Records excerpted from a collection:
****************************************
-- ===== src/Keystone/Password/Withheld.antt =====
-- operators/keystone/internal/controller/reconcile_passwordrotation.go: the gate of the PushSecret,
-- which overwrites what the running service uses.
use c5c3_forge.Prelude.{
  ℕ, ◌≡◌, refl, ap, ◌∙◌, Bool, true, false, String, Option, none, some, if_cases,
}
use c5c3_forge.Kube.Error.{Error, Answer, ok, err}
use c5c3_forge.Kube.Condition.{ConditionMeta}
use c5c3_forge.Kube.Outcome.{Outcome}
use c5c3_forge.Rotation.{Secret, Commit, commit_staged}
use c5c3_forge.Rotation.Guard.{Guarded, commit_staged-P}
use c5c3_forge.Rotation.Target.{commit_staged-Kept}
use c5c3_forge.Keystone.Keys.Create.{KeysPass, age_observed}
use c5c3_forge.Keystone.Password.State.{
  PasswordOwner, PasswordClient, password_spec, push_source_ready, named, is_enabled,
  normalized_admin_password_length,
}
use c5c3_forge.Keystone.Password.{
  push, after_cron_job, after_script, after_rbac, after_commit, staged,
  apply_admin_password_rotation, after_staging, after_push_source, reconcile_password_rotation,
}

-- A property of the cluster that every write of a pass with an enabled rotation leaves true, but
-- for that of the PushSecret.
pub record PasswordGuarded {W : Type 0} (client : PasswordClient W) (min : ℕ) (P : W → Type 0)
    : Type 0 where
  pub commit : Guarded client.secrets (password_spec min) (λ _. Unit) P
  pub ensure_push_source : (w : W) (n : String) → P w → P (client.ensure_push_source w n).0
  pub ensure_staging : (w : W) (n l : String) → P w → P (client.ensure_staging w n l).0
  pub ensure_rbac : (w : W) (n : String) → P w → P (client.ensure_rbac w n).0
  pub ensure_script : (w : W) (n : String) → P w → P (client.ensure_script w n).0
  pub ensure_cron_job : (w : W) (n : String) → P w → P (client.ensure_cron_job w n).0

module _ {W : Type 0} (m : ConditionMeta) (client : PasswordClient W) (k : PasswordOwner) where
  module _ (min : ℕ) {P : W → Type 0} (guarded : PasswordGuarded client min P) where
    push-P :
        (s : Secret) (p : KeysPass W)
        → push_source_ready s min ≡ false
        → P p.cluster
        → P (push m client k min s p).0.cluster
    push-P s p unready h =
        if_cases {A = KeysPass W × Outcome} (λ r. P r.0.cluster) (push_source_ready s min)
          (λ b. absurd (cc (b, unready))) (λ _. h)

    after_cron_job-P :
        (s : Secret) (p : KeysPass W) (r : W × Option Error)
        → push_source_ready s min ≡ false
        → P r.0
        → P (after_cron_job m client k min s p r).0.cluster
    after_cron_job-P s p (w, some e) unready h = h
    after_cron_job-P s p (w, none) unready h = push-P s (record p { cluster = w }) unready h

    after_script-P :
        (s : Secret) (p : KeysPass W) (r : W × Answer String)
        → push_source_ready s min ≡ false
        → P r.0
        → P (after_script m client k min s p r).0.cluster
    after_script-P s p (w, err e) unready h = h
    after_script-P s p (w, ok script) unready h =
        after_cron_job-P s (record p { cluster = w }) _ unready (guarded.ensure_cron_job w script h)

    after_rbac-P :
        (s : Secret) (p : KeysPass W) (r : W × Option Error)
        → push_source_ready s min ≡ false
        → P r.0
        → P (after_rbac m client k min s p r).0.cluster
    after_rbac-P s p (w, some e) unready h = h
    after_rbac-P s p (w, none) unready h =
        after_script-P s (record p { cluster = w }) _ unready (guarded.ensure_script w _ h)

    after_commit-P :
        (p : KeysPass W) (r : Commit W × Answer Bool)
        → (r.1 ≡ ok false → push_source_ready r.0.target min ≡ false)
        → P r.0.cluster
        → P (after_commit m client k min p r).0.cluster
    after_commit-P p (c, err e) unready h = h
    after_commit-P p (c, ok true) unready h = h
    after_commit-P p (c, ok false) unready h =
        after_rbac-P c.target (record p { events = c.events; cluster = c.cluster }) _ (unready refl)
          (guarded.ensure_rbac c.cluster _ h)

    apply_admin_password_rotation-P :
        (s staging : Secret) (p : KeysPass W)
        → push_source_ready s min ≡ false
        → P p.cluster
        → P (apply_admin_password_rotation m client k min s staging p).0.cluster
    apply_admin_password_rotation-P s staging p unready h =
        after_commit-P (age_observed client.secrets s staging p)
          (commit_staged client.secrets (password_spec min) (staged m client k min s staging p))
          (λ e.
            ap (λ t. push_source_ready t min)
              (commit_staged-Kept client.secrets (password_spec min) s
                (staged m client k min s staging p) refl e)
            ∙ unready)
          (commit_staged-P guarded.commit (staged m client k min s staging p) tt h)

    after_staging-P :
        (s : Secret) (p : KeysPass W) (r : W × Answer Secret)
        → push_source_ready s min ≡ false
        → P r.0
        → P (after_staging m client k min s p r).0.cluster
    after_staging-P s p (w, err e) unready h = h
    after_staging-P s p (w, ok staging) unready h =
        apply_admin_password_rotation-P s staging (record p { cluster = w }) unready h

    after_push_source-P :
        (p : KeysPass W) (r : W × Answer Secret)
        → ((s : Secret) → r.1 ≡ ok s → push_source_ready s min ≡ false)
        → P r.0
        → P (after_push_source m client k min p r).0.cluster
    after_push_source-P p (w, err e) unready h = h
    after_push_source-P p (w, ok s) unready h =
        after_staging-P s (record p { cluster = w }) _ (unready s refl)
          (guarded.ensure_staging w _ _ h)

  -- The push source as a pass finds it.
  abbrev pub push_source_answer : KeysPass W → Answer Secret
  push_source_answer p = (client.ensure_push_source p.cluster (named k "-admin-password-next")).1

  -- With the rotation enabled, where the push source holds no password of the minimum length when
  -- the pass ensures it, the pass writes no PushSecret: whatever the commit of a staged password
  -- and the steps that configure the CronJob leave true of the cluster, the pass leaves true, also
  -- where the PushSecret's write would not. The commit itself Updates a Secret only with a
  -- payload that holds a password of the minimum length, or with none.
  pub reconcile_password_rotation-Withheld :
      {P : W → Type 0}
      → PasswordGuarded client (normalized_admin_password_length k.password_rotation) P
      → (p : KeysPass W) → is_enabled k.password_rotation ≡ true
      → ((s : Secret)
          → push_source_answer p ≡ ok s
          → push_source_ready s (normalized_admin_password_length k.password_rotation) ≡ false)
      → P p.cluster
      → P (reconcile_password_rotation m client k p).0.cluster
  unfolding reconcile_password_rotation
  reconcile_password_rotation-Withheld guarded p on unready h = rw on (
      after_push_source-P (normalized_admin_password_length k.password_rotation) guarded p
        (client.ensure_push_source p.cluster (named k "-admin-password-next")) unready
        (guarded.ensure_push_source p.cluster _ h))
****************************************
**WHAT IS NEEDED:** Return every line from the entries above that contains the word "Kube".

**SOLUTION FOR THIS PROBLEM:**
use c5c3_forge.Kube.Error.{Error, Answer, ok, err}
use c5c3_forge.Kube.Condition.{ConditionMeta}
use c5c3_forge.Kube.Outcome.{Outcome}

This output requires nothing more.